Millennials, those who reached adulthood at the beginning of this century, are said to be particularly discerning in their choices, from where and how they like to work to what they shop for and what they eat. But this insistence on always having one's needs met is sooner or later bound to encounter a reality check, experts warn. In an era of exceedingly high expectations, millennials are already experiencing unprecedented levels of anxiety and depression, leading all too often to dysfunctional behaviour, including towards diet and lifestyle.
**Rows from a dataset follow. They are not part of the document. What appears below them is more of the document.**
-- ===== src/Runner/Published.antt =====
-- A runner that ends has sealed the loop and published exactly the report that it returns.
use minicore_runtime.Base.{◌≡◌, ◌≢◌, refl, Bool, false, List, Option, none, some, Result, ok, err}
use minicore_runtime.Text.{Text}
use minicore_runtime.Ids.{RuntimeId}
use minicore_runtime.Interaction.{CanonicalResult}
use minicore_runtime.Control.{
  Phase, LoopStatus, FinishSeal, clean, cancelled_prior, already_finished, phase_seal,
  phase_finished, finish_once, publish_state, send_report, ConfigRevision, active, cancel_user,
  cancel_owner_dropped, cancel_shutdown,
}
use minicore_runtime.Control.Host.{HostCall, land, Unsealed, land-Unsealed}
use minicore_runtime.Batch.{FailPath, Panic}
use minicore_runtime.Execution.{ExecutionConfig}
use minicore_runtime.Options.{LoopOptions, LoopRequest}
use minicore_runtime.Runner.{
  LoopControl, LoopReport, LoopOutcome, Totals, sealed, finish_loop, panic_report, panic_sealed,
  publish_final_states, outcome_for,
}
use minicore_runtime.Runner.Turn.{Progress, Pass}
use minicore_runtime.Runner.Loop.{
  Ended, run_passes, run_loop, run_loop_inner, finished, caught, first_progress, totals_of,
}
use minicore_runtime.Runner.Unsealed.{run_passes-Unsealed}

-- The loop is sealed, its state is published as finished, and the report that every waiter gets is
-- the one that is returned.
abbrev pub Delivered : LoopControl × Result LoopReport Panic → Type 0
Delivered (c, err e) = ⊥
Delivered (c, ok report) =
    (c.state ≡ Phase.finished)
    × (c.loop_state.status ≡ LoopStatus.finished)
    × (c.completion ≡ some report)

pub phase_seal-first :
    (phase : Phase) → phase_finished phase ≡ false → phase_seal phase ≢ already_finished
phase_seal-first active h e = cc
phase_seal-first Phase.finished h e = cc
phase_seal-first cancel_user h e = cc
phase_seal-first cancel_owner_dropped h e = cc
phase_seal-first cancel_shutdown h e = cc

sealed-Delivered :
    (id : RuntimeId) (totals : Totals) (revision : ConfigRevision) (intended : LoopOutcome)
    (c : LoopControl) (seal : FinishSeal)
    → c.state ≡ Phase.finished
    → seal ≢ already_finished
    → Delivered (sealed id totals revision intended c seal)
unfolding sealed publish_final_states publish_state send_report
sealed-Delivered id totals revision intended c clean f n = (f, refl, refl)
sealed-Delivered id totals revision intended c (cancelled_prior reason) f n = (f, refl, refl)
sealed-Delivered id totals revision intended c already_finished f n = elim (n refl) [ ]

pub finish_loop-Delivered :
    (valid : ExecutionConfig → Bool) (sealing : List (HostCall ExecutionConfig)) (path : FailPath)
    (totals : Totals) (c : LoopControl)
    → Unsealed c
    → Delivered (finish_loop valid sealing path totals c)
unfolding finish_loop finish_once
finish_loop-Delivered valid sealing path totals c u =
    let before : LoopControl = land valid sealing c in
    sealed-Delivered c.id totals c.current_revision (outcome_for c path) (finish_once before).0
      (phase_seal before.state) refl
      (phase_seal-first before.state (land-Unsealed valid sealing c u))

panic_sealed-Delivered :
    (c : LoopControl) (seal : FinishSeal)
    → c.state ≡ Phase.finished
    → seal ≢ already_finished
    → Delivered (panic_sealed c seal)
unfolding publish_state send_report
panic_sealed-Delivered c clean f n = (f, refl, refl)
panic_sealed-Delivered c (cancelled_prior reason) f n = (f, refl, refl)
panic_sealed-Delivered c already_finished f n = elim (n refl) [ ]

panic_report-Delivered : (c : LoopControl) → Unsealed c → Delivered (panic_report c)
unfolding panic_report finish_once
panic_report-Delivered c u =
    panic_sealed-Delivered (finish_once c).0 (phase_seal c.state) refl (phase_seal-first c.state u)

-- The same of a runner that may still run.
abbrev pub Reported : LoopControl × Option (Result LoopReport Panic) → Type 0
Reported (c, none) = Unit
Reported (c, some r) = Delivered (c, r)

module _ (valid : ExecutionConfig → Bool) (encode : CanonicalResult → Text)
    (options : LoopOptions) where
  -- The end of the passes, then the end of the runner.
  ended-Reported :
      (sealing panicking : List (HostCall ExecutionConfig)) (end : Ended)
      → Unsealed end.0
      → Reported (caught valid encode options panicking (finished valid encode options sealing end))
  ended-Reported sealing panicking (c, none) u = tt
  ended-Reported sealing panicking (c, some (err e)) u =
      panic_report-Delivered (land valid panicking c) (land-Unsealed valid panicking c u)
  ended-Reported sealing panicking (c, some (ok (path, p))) u =
      caught_delivered (finish_loop valid sealing path (totals_of valid encode options p) c)
        (finish_loop-Delivered valid sealing path (totals_of valid encode options p) c u)
    where
      caught_delivered :
          (x : LoopControl × Result LoopReport Panic)
          → Delivered x
          → Reported (caught valid encode options panicking (x.0, some x.1))
      caught_delivered (c, ok report) d = d
      caught_delivered (c, err e) d = elim d [ ]

  -- A runner that starts with a loop that is not sealed and that ends, by itself or by a panic,
  -- returns a report; then the loop is sealed, its published state is finished, and the report that
  -- was published is the returned one.
  pub run_loop-Reported :
      (request : LoopRequest) (passes : List Pass)
      (sealing panicking : List (HostCall ExecutionConfig)) (c : LoopControl)
      → Unsealed c
      → Reported (run_loop valid encode options request passes sealing panicking c)
  unfolding run_loop run_loop_inner
  run_loop-Reported request passes sealing panicking c u =
      let p : Progress = first_progress valid encode options c.id request in
      ended-Reported sealing panicking (run_passes valid encode options passes c p)
        (run_passes-Unsealed valid encode options passes c p u)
Having Grown Up with Great Expectations, Many Young Adults Struggle with Real-Life Obstacles
Millennials came of age when social pressure and stigmatization around physical appearance was already high, says Marissa Lorusso, co-author of "Matter of the Mind, a Look at Millennials and Mental Health," a large study on this demographic group. They were taught to aspire to perfection and promised great successes if they tried hard enough; and that included how they looked, how much they could weigh, what clothing styles and sizes they had to fit in, and so forth, she says. In a cultural climate that puts such high demands on nearly every aspect of their lives, it is almost a given that unhealthy responses would occur.
The underlying concern over self-destructive eating and lifestyle habits like anorexia, bulimia and other disorders, of course, is not just physical but also mental health. People react to what they think is expected of them, and if they see themselves as failing and not measuring up to what they are supposed to represent, they likely become disappointed, anxious, depressed, and often enough dysfunctional in their actions.
With food, in particular, we have a relationship that can be positive or negative in equal measures. We cannot exist without it, but it can also become the 'enemy' if we don't know how to deal with it in constructive ways.
Much of that is rooted in our upbringing, even early childhood, experts say. According to surveys, eating disorders are becoming ever more widespread among children as young as 13 years of age, mostly in connection with issues of body image.
For instance, when children and adolescents watch talent- and beauty contest shows on television, they see the candidates as role models and ideals to which they themselves have to live up to, critics suggest. There are reports that even seven and eight year olds have been found to fall into these traps.
Once these mindsets about health, beauty and fitness standards are put in place, they usually stay there long into adulthood. They may lead to other counter-productive behaviours like overeating, binge-eating or yo-yo-dieting, but the relationship to food will likely remain less than whole.
Eating disorders are real, but they are also very complex and not easily understood why and how they develop, according to the National Eating Disorder Association. Emotional components are certainly dominant, but those can be of multi-faceted nature.
And they are not limited to image issues affecting women. Peer- and media pressure are also imposed on boys and young men with similar impact on their psyche, says Jill Weisenberger, a registered dietitian, wellness coach and diabetes expert. Males may be even at greater risk because they tend to be slower in acknowledging problems with their eating behaviour, she warns.
Any kind of unhealthful relationship with food, whether it leads to overweight or eating disorders from fear of gaining weight, must be seen as a serious problem and addressed accordingly. It stands to hope that future generations will eventually come to terms with these challenges better than others before them.